Required work: Find all lines below containing the string "Scope" and return them.

(Dataset excerpts)
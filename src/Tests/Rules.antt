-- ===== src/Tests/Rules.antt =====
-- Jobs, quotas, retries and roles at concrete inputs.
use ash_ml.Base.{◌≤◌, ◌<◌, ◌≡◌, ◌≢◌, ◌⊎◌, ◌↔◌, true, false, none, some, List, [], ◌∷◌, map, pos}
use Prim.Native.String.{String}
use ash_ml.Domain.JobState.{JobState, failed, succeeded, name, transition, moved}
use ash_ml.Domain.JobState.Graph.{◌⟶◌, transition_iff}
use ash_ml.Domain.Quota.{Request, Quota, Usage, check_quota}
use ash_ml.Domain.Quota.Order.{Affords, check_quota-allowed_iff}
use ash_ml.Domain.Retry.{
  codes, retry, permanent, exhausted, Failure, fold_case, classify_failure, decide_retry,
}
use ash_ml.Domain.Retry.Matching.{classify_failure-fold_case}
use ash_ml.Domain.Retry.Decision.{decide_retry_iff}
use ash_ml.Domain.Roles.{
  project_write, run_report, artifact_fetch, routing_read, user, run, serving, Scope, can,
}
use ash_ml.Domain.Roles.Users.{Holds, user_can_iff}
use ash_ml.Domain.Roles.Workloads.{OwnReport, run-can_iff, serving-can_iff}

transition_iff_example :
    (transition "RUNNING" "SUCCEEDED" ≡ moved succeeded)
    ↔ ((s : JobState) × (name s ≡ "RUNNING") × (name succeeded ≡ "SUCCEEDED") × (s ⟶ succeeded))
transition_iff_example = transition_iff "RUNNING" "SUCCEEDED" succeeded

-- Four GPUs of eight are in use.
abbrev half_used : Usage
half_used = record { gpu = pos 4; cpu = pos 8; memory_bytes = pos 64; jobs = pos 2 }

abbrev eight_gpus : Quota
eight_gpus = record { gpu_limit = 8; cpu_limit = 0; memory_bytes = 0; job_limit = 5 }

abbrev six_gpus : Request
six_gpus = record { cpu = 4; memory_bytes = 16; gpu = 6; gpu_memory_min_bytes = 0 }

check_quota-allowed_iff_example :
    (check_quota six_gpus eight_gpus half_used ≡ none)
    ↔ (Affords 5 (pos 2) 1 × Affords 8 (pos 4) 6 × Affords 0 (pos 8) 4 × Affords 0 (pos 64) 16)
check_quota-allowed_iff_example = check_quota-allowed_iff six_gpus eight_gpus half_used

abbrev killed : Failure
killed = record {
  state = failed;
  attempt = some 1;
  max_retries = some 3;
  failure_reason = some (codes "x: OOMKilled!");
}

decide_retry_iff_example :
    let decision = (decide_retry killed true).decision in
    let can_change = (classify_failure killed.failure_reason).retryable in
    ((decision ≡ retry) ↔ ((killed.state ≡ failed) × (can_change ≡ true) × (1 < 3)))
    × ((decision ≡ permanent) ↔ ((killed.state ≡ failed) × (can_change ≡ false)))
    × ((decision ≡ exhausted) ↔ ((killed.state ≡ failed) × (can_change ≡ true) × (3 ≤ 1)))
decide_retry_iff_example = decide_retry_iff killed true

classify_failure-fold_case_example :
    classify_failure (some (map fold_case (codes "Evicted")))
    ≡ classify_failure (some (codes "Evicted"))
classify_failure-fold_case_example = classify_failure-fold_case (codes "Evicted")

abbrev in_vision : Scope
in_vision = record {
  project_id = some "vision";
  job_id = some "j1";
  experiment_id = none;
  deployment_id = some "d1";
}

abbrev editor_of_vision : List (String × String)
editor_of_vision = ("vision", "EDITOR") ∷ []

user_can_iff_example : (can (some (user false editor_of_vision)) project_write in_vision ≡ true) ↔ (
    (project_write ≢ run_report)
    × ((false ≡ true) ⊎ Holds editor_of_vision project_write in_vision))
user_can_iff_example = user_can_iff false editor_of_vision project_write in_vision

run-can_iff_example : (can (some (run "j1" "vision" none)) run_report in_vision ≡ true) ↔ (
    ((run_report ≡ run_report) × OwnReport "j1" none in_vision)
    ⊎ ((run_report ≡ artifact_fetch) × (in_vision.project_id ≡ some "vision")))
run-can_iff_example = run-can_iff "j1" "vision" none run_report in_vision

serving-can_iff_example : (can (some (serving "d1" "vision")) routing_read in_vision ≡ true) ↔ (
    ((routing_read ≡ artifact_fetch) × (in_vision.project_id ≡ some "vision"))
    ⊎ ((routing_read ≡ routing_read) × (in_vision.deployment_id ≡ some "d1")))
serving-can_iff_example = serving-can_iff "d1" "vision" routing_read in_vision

The completed task:
  project_write, run_report, artifact_fetch, routing_read, user, run, serving, Scope, can,
abbrev in_vision : Scope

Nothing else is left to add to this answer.